The main problem that should have been addressed (better coordination between
both groups) still remains as far as citizens are concerned.

There was a clash of culture since the "gendarmerie" was more like military
and police more like armed civil servants. Lines are being blurred now but
there are still weird intermediate unofficial rankings that are in place only
for legacy and "don't move my cheese and hurt my feelings" reasons.

Salaries inequalities were too obvious and "adapted" responsibilities didn't
match people's experience and training.

The overlap between the geographical regions each group were assigned to
before the merging still transpires in the new system, like a ghost.

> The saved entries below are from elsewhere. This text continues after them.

-- ===== src/X11bridge/Proto/Sizes.antt =====
-- x11bridge/x11_proto.c: the replies that carry data, and the four that announce too much.
use ishizue.Base.{
  ℕ, zero, suc, ◌+◌, ◌*◌, ◌≤◌, ◌<◌, ◌^◌, ◌≡◌, refl, ap, sym, subst, ◌∙◌, Bool, Option, none, some,
  List, [], ◌∷◌, ◌++◌, arith, if◌then◌else◌, length, length-append, length-replicate, replicate,
  if_cases, ltb,
}
use ishizue.Base.Bytes.{put_u32_le, get_u32_le, put_u32_be, get_u32_be}
use ishizue.Protocol.Payload.{overwrite, length-overwrite}
use ishizue.X11bridge.Proto.{
  ByteOrder, lsb_first, msb_first, get_u32, put_u16, put_u32, pad4, byte, half, word, write_all,
  fill,
}
use ishizue.X11bridge.Proto.Replies.{
  build_get_window_attributes_reply, build_query_best_size_reply, build_get_property_reply,
  build_query_tree_reply, build_get_atom_name_reply, put_children, tree_header,
}
use ishizue.X11bridge.Proto.Framing.{announced}

-- A reply of this size, for which X11 takes `excess` bytes more, where the buffer has room for it.
pub Fits : ByteOrder → ℕ → ℕ → ℕ → Option (List ℕ) → Type 0
Fits o out_cap size excess none = out_cap < size
Fits o out_cap size excess (some bs) =
    (size ≤ out_cap) × (length bs ≡ size) × (announced o bs ≡ size + excess)

-- The room test of a builder.
fits :
    (o : ByteOrder) (out_cap size excess : ℕ) (bs : List ℕ)
    → length bs ≡ size
    → announced o bs ≡ size + excess
    → Fits o out_cap size excess (if ltb out_cap size then none else some bs)
unfolding Fits
fits o out_cap size excess bs l a =
    if_cases (Fits o out_cap size excess) (ltb out_cap size) (λ t. ground arith)
      (λ t. (ground arith, l, a))

zeros_kept : (n : ℕ) (bs : List ℕ) → length (overwrite (replicate n 0) 0 bs) ≡ n
zeros_kept n bs = length-overwrite (replicate n 0) 0 bs ∙ length-replicate n 0

-- The reply to GetProperty is refused for lack of room, or has the padded value behind its 32 bytes
-- and announces just that, for a value of less than 2 ^ 31 bytes.
pub property-Fits :
    (out_cap format type bytes_after value_len : ℕ) (value : List ℕ) (sequence : ℕ) (o : ByteOrder)
    → length value < 2 ^ 31
    → Fits o out_cap
        (32 + pad4 (length value))
        0
        (build_get_property_reply out_cap format type bytes_after value_len value sequence o)
unfolding build_get_property_reply fill write_all byte half word overwrite put_u16 put_u32
    put_u32_le put_u32_be announced get_u32 get_u32_le get_u32_be pad4
property-Fits out_cap format type bytes_after value_len value sequence lsb_first small =
    fits lsb_first out_cap _ 0 _ (omega (arith, zeros_kept (pad4 (length value)) value))
      (omega arith)
property-Fits out_cap format type bytes_after value_len value sequence msb_first small =
    fits msb_first out_cap _ 0 _ (omega (arith, zeros_kept (pad4 (length value)) value))
      (omega arith)

name-Fits :
    (out_cap : ℕ) (name : List ℕ) (sequence : ℕ) (o : ByteOrder)
    → length name < 2 ^ 16
    → Fits o out_cap
        (32 + pad4 (length name))
        24
        (build_get_atom_name_reply out_cap name sequence o)
unfolding build_get_atom_name_reply fill write_all byte half word overwrite put_u16 put_u32
    put_u32_le put_u32_be announced get_u32 get_u32_le get_u32_be pad4
name-Fits out_cap name sequence lsb_first small =
    fits lsb_first out_cap _ 24 _ (omega (arith, zeros_kept (pad4 (length name)) name))
      (omega arith)
name-Fits out_cap name sequence msb_first small =
    fits msb_first out_cap _ 24 _ (omega (arith, zeros_kept (pad4 (length name)) name))
      (omega arith)

overwrite_behind :
    (p t : List ℕ) (off k : ℕ) (bs : List ℕ)
    → off ≡ length p + k
    → overwrite (p ++ t) off bs ≡ p ++ overwrite t k bs
unfolding overwrite
overwrite_behind [] t off k bs e = ap (λ i. overwrite t i bs) (omega arith)
overwrite_behind (x ∷ p) t zero k bs e = absurd (omega arith)
overwrite_behind (x ∷ p) t (suc off) k bs e =
    ap (◌∷◌ x) (overwrite_behind p t off k bs (omega arith))

children_behind :
    (p t cs : List ℕ) (off k : ℕ) (o : ByteOrder)
    → off ≡ length p + k
    → put_children cs off o (p ++ t) ≡ p ++ put_children cs k o t
unfolding put_children write_all word
children_behind p t [] off k o e = refl
children_behind p t (c ∷ cs) off k o e =
    ap (λ b. put_children cs (off + 4) o b) (overwrite_behind p t off k (put_u32 c o) e)
    ∙ children_behind p (overwrite t k (put_u32 c o)) cs (off + 4) (k + 4) o (omega arith)

length-put_children :
    (cs : List ℕ) (off : ℕ) (o : ByteOrder) (buf : List ℕ)
    → length (put_children cs off o buf) ≡ length buf
unfolding put_children write_all word
length-put_children [] off o buf = refl
length-put_children (c ∷ cs) off o buf =
    length-put_children cs (off + 4) o (overwrite buf off (put_u32 c o))
    ∙ length-overwrite buf off (put_u32 c o)

-- The children behind a head of 32 bytes leave the head alone.
put_children-Fits :
    (o : ByteOrder) (out_cap : ℕ) (head children : List ℕ)
    → length head ≡ 32
    → ((rest : List ℕ) → announced o (head ++ rest) ≡ 32 + length children * 4 + 24)
    → Fits o out_cap (32 + length children * 4) 24 (
        if ltb out_cap (32 + length children * 4)
        then none
        else some (put_children children 32 o (head ++ replicate (length children * 4) 0)))
put_children-Fits o out_cap head children l a =
    let zeros : List ℕ = replicate (length children * 4) 0 in
    subst
      (λ bs.
        Fits o out_cap (32 + length children * 4) 24
          (if ltb out_cap (32 + length children * 4) then none else some bs))
      (sym (children_behind head zeros children 32 0 o (omega arith)))
      (fits o out_cap _ 24 _
        (omega (
          arith,
          length-append head (put_children children 0 o zeros),
          length-put_children children 0 o zeros,
          length-replicate {A = ℕ} (length children * 4) 0,
        ))
        (a (put_children children 0 o zeros)))

tree-Fits :
    (out_cap root parent : ℕ) (children : List ℕ) (sequence : ℕ) (o : ByteOrder)
    → length children < 2 ^ 16
    → Fits o out_cap
        (32 + length children * 4)
        24
        (build_query_tree_reply out_cap root parent children sequence o)
unfolding build_query_tree_reply tree_header announced get_u32 get_u32_le get_u32_be fill write_all
    byte half word overwrite put_u16 put_u32 put_u32_le put_u32_be
tree-Fits out_cap root parent children sequence lsb_first small =
    put_children-Fits lsb_first out_cap
      (write_all (tree_header root parent (length children) sequence lsb_first) (replicate 32 0))
      children refl (λ rest. omega arith)
tree-Fits out_cap root parent children sequence msb_first small =
    put_children-Fits msb_first out_cap
      (write_all (tree_header root parent (length children) sequence msb_first) (replicate 32 0))
      children refl (λ rest. omega arith)

-- A reply of this size, for which X11 takes `excess` bytes more.
abbrev pub SendsLess : ByteOrder → ℕ → ℕ → List ℕ → Type 0
SendsLess o size excess bs = (length bs ≡ size) × (announced o bs ≡ size + excess)

-- Four replies announce more than they send, so that the next message is taken for their rest: the
-- one to GetWindowAttributes has 44 bytes and announces 24 more, to QueryBestSize 16 and 16 more; to
-- QueryTree with less than 2 ^ 16 children and to GetAtomName with less than 2 ^ 16 bytes, where there
-- is room for them, have 32 and those of the children or the padded name, and announce 24 more.
pub replies_overlong :
    (out_cap : ℕ) (children name : List ℕ) (a b c d e f g h i j k l s : ℕ) (p q r : Bool)
    (o : ByteOrder)
    → length children < 2 ^ 16
    → length name < 2 ^ 16
    → SendsLess o 44 24 (build_get_window_attributes_reply a b c d e f g p q h r i j k l s o)
      × SendsLess o 16 16 (build_query_best_size_reply a b s o)
      × Fits o out_cap
          (32 + length children * 4)
          24
          (build_query_tree_reply out_cap a b children s o)
      × Fits o out_cap (32 + pad4 (length name)) 24 (build_get_atom_name_reply out_cap name s o)
unfolding announced build_get_window_attributes_reply build_query_best_size_reply get_u32 get_u32_le
    get_u32_be fill write_all byte half word overwrite put_u16 put_u32 put_u32_le put_u32_be
replies_overlong out_cap children name a b c d e f g h i j k l s p q r lsb_first small short = (
  (refl, refl),
  (refl, refl),
  tree-Fits out_cap a b children s lsb_first small,
  name-Fits out_cap name s lsb_first short,
)
replies_overlong out_cap children name a b c d e f g h i j k l s p q r msb_first small short = (
  (refl, refl),
  (refl, refl),
  tree-Fits out_cap a b children s msb_first small,
  name-Fits out_cap name s msb_first short,
)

There was a huge power struggle.

I am sure these problems will totally disappear in a generation but it didn't
go anywhere as smooth as the politicians said it would. And the results isn't
necessarily better.

One thing hasn't changed though: they still send officers from one linguistic
region to the other when dealing with protestations motivated by hot and
sensible topics.

There still are two different kind of police: the local one and the federal
one. The local authorities hire officers while the federal one has an endless
supply of new recruits* but every officers come from the same police
academies.

* gross exaggeration here.

To be honest it's not a problem of merging two groups or having only one
police faction. It was badly handled and rushed by the political world at the
time (they were in a hurry to fix many problems that were hot topic at that
time, people were in the street and the merging was part of the answer). But I
can't see how such huge changes in a society could be made without the
political world being under huge pressure to do so. So I can't see how those
kind of changes can't be done without being rushed.

Keep in mind it's only my advice and it was a sensible topic at some point.
Some opinions are really polarized about all this.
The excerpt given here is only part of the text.